Hacker News new | ask | show | jobs
by mastratton3 3481 days ago
We're actually having a debate now as we're starting to process larger datasets as to whether or not we should keep everything on S3 or start using HDFS w/ Hive. I'm curious if you guys considered HDFS and why you decided to go strictly with S3, and additionally, are there any issues you encounter with S3.
3 comments

We've considered HDFS, but we really liked the idea of having compute only clusters and have our data kept completely separate. Clusters failure happen and having data on S3 makes us worry less if a cluster goes down. Just spin up a new one and you're good to go.

There is a bit of more latency when using S3 compared to HDFS, but it's not bad and the benefits overcame that.
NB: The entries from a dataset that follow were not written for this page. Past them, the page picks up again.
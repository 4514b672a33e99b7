-- ===== src/DayVote/Collect.antt =====
-- What the loop over the seats collects.
use padrino.Base.{
  ◌+◌, ◌≤◌, ◌≡◌, refl, ◌≢◌, true, Option, none, some, List, [], ◌∷◌, String, mem, get, Dict,
  if◌then◌else◌, string_eq, arith, sum_values, sum_values-bump, has, has-bump, IsUnique,
  IsUnique-bump, inl, inr, ◌⊎◌,
}
use padrino.Game.{Seat, GameState, Action}
use padrino.DayVote.{
  vote_weight_for, living_weight, total_vote_weight, living_ids, ballot_target, ballot_action,
  ballot_of, Ballots, cast, collect, ballots,
}

cast_weight_of :
    (seat : Seat) (o : Option String) (b : Ballots)
    → ((target : String) → o ≡ some target → seat.alive ≡ true)
    → sum_values (cast seat o b).tally
      ≤ sum_values b.tally + (if seat.alive then vote_weight_for seat else 0)
unfolding cast
cast_weight_of seat none b h = omega arith
cast_weight_of seat (some target) b h =
    ground (arith, h target refl, sum_values-bump target (vote_weight_for seat) b.tally)

cast-has :
    (j : String) (seat : Seat) (o : Option String) (b : Ballots)
    → has j (cast seat o b).tally ≡ true
    → (has j b.tally ≡ true) ⊎ (o ≡ some j)
unfolding cast
cast-has j seat none b h = inl h
cast-has j seat (some target) b h = ground (arith, has-bump target j (vote_weight_for seat) b.tally)

cast-IsUnique :
    (seat : Seat) (o : Option String) (b : Ballots)
    → IsUnique b.tally
    → IsUnique (cast seat o b).tally
unfolding cast
cast-IsUnique seat none b u = u
cast-IsUnique seat (some target) b u = IsUnique-bump target (vote_weight_for seat) b.tally u

module _ (living : List String) (submissions : Dict String Action) where
  target_living :
      (seat : Seat) (o : Option String) (target : String)
      → ballot_target living seat o ≡ some target
      → (mem target living ≡ true) × (target ≢ seat.public_player_id)
  unfolding ballot_target
  target_living seat none target h = cc
  target_living seat (some t) target h = (ground arith, λ same. ground arith)

  action_living :
      (seat : Seat) (o : Option Action) (target : String)
      → ballot_action living seat o ≡ some target
      → (mem target living ≡ true) × (target ≢ seat.public_player_id)
  unfolding ballot_action
  action_living seat none target h = cc
  action_living seat (some a) target h = target_living seat a.target target (ground arith)

  pub ballot_living :
      (seat : Seat) (target : String)
      → ballot_of living submissions seat ≡ some target
      → (mem target living ≡ true) × (target ≢ seat.public_player_id) × (seat.alive ≡ true)
  unfolding ballot_of
  ballot_living seat target h =
      let alive : seat.alive ≡ true = ground arith in
      let voted =
        action_living seat (get seat.public_player_id submissions) target (ground arith) in
      (voted.0, voted.1, alive)

  cast_weight :
      (seat : Seat) (b : Ballots)
      → sum_values (cast seat (ballot_of living submissions seat) b).tally
        ≤ sum_values b.tally + (if seat.alive then vote_weight_for seat else 0)
  cast_weight seat b =
      cast_weight_of seat (ballot_of living submissions seat) b
        (λ target h. (ballot_living seat target h).2)

  collect_weight :
      (seats : List Seat) (b : Ballots)
      → sum_values (collect living submissions seats b).tally
        ≤ sum_values b.tally + living_weight seats
  unfolding collect living_weight
  collect_weight [] b = omega arith
  collect_weight (seat ∷ seats) b = omega (
    arith,
    collect_weight seats (cast seat (ballot_of living submissions seat) b),
    cast_weight seat b,
  )

  -- Every key of the tally is a living player.
  collect_keys :
      (j : String) (seats : List Seat) (b : Ballots)
      → (has j b.tally ≡ true → mem j living ≡ true)
      → has j (collect living submissions seats b).tally ≡ true
      → mem j living ≡ true
  unfolding collect
  collect_keys j [] b h = h
  collect_keys j (seat ∷ seats) b h =
      let o = ballot_of living submissions seat in
      collect_keys j seats (cast seat o b) λ k. elim (cast-has j seat o b k) [
        | inl old ↦ h old
        | inr new ↦ (ballot_living seat j new).0
      ]

  collect-IsUnique :
      (seats : List Seat) (b : Ballots)
      → IsUnique b.tally
      → IsUnique (collect living submissions seats b).tally
  unfolding collect
  collect-IsUnique [] b u = u
  collect-IsUnique (seat ∷ seats) b u =
      let o = ballot_of living submissions seat in
      collect-IsUnique seats (cast seat o b) (cast-IsUnique seat o b u)

module _ (state : GameState) (submissions : Dict String Action) where
  -- The votes counted never weigh more than the living players.
  pub ballots_weight : sum_values (ballots state submissions).tally ≤ total_vote_weight state
  unfolding ballots total_vote_weight sum_values
  ballots_weight =
      let start : Ballots = record { tally = []; voter_weights = [] } in
      omega (arith, collect_weight (living_ids state.seats) submissions state.seats start)

  -- Only living players have votes.
  pub ballots_keys :
      (j : String)
      → has j (ballots state submissions).tally ≡ true
      → mem j (living_ids state.seats) ≡ true
  unfolding ballots has
  ballots_keys j =
      collect_keys (living_ids state.seats) submissions j state.seats
        (record { tally = []; voter_weights = [] }) (λ h. cc)

  pub ballots-IsUnique : IsUnique (ballots state submissions).tally
  unfolding ballots
  ballots-IsUnique =
      collect-IsUnique (living_ids state.seats) submissions state.seats
        (record { tally = []; voter_weights = [] }) tt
We do have a couple of jobs that store some intermediate results in HDFS, but in the end everything lands in S3.

We encountered a few issues with S3 at the beginning mostly around the eventual consistency, but nothing that could not be fixed.

netflix i think said they see about a 10% perf hit using s3 instead of hdfs, using emr where they launch temporary clusters that do a job and shut down, and that performance cost was well worth the flexibility of being to launch independent clusters whenever they need.
We're also using S3 but we have a hybrid approach to the problem. The event data is immutable and you use instance stores with EC2 and cache the data to local SSDs and use S3 as backups. The thoughtput of HDFS is better than S3 or EFS but I would prefer to use EFS in this case since it also utilizes caching under the hood and cheaper alternative.
Oh great, thanks for the reply. I think thats about where I think we'll land... keep S3 as the primary source, but have HDFS be used for intermediate jobs.
Good luck and have fun! :D
Depends on your definition of 'larger' -- if this data is on S3 currently I can't imagine we're talking multi-TB working sets here?

Generally speaking, HDFS is going to be a clusterfuck to support unless you give a load of cash to cloudera (actually, it will be regardless but slightly better with the bill) -- even then you'll get the typical db vendor line of 'not running -some patchset ver-, then upgrade. Which is really risky on a large cluster which pretty much works as you want.

Also, unless you've got a load of hardware you can dedicate to this environment, then you're going to be spending a lot of money on IAAS bills and your performance is probably not going to be very good. (Yeah sure you can virtualize HDFS but generally I passthrough local storage to the VM's, and only run demo on AWS etc).

There was been a push towards such mental complexity and folks convincing themselves they needed to solve their problems in this manner, and now a bit of an ebb backwards (at least, in the general space) now that your avg deployer found out how hard it is to do this stuff even with good support. Massive data ingestion and huge batch jobs might be a solution to a given problem you have, but it's probably not the only one whereas it's almost certainly going to be the most difficult and expensive.

Personally, I'd avoid hdfs, flume, hfs, zookeeper and all the rest of the nightmares until you're absolutely sure that you need them (and if you're not already, then you probably don't).

Also: Check out manta from joyent. :}

S3 is ideal for multi TB working set.

That should be the de-factor standard for TB scale. In fact, don't bother comparing other products if you're TB scale, just use S3.

Really?

Say you're going to ETL or Map/Reduce over all that data a lot of times, you're telling me that reading it all for processing over S3's rest api (which is the only method?) instead of, say, a local array of 15k sas's over pcie hba's is ideal?

It's pretty expensive and inefficient to my eyes, what am I missing? I

In what way would S3 be better than running this on your own gear if cost and perf are clearly not going to be better (which are really the big factors in this decision)?

You're missing that S3 is the storage system for RedShift and EMR (emr = managed hadoop on AWS).

They are pretty cheap, efficient and simple to use ;)

I would recommend S3.

Using S3 with EMR in production was breeze for us. Even cost effective, since you can play with spot instances depending on your jobs. You also improve utilization of your resources.

With recent Athena it is possible also to do ad hoc queries directly :) Before it required starting "QA" cluster.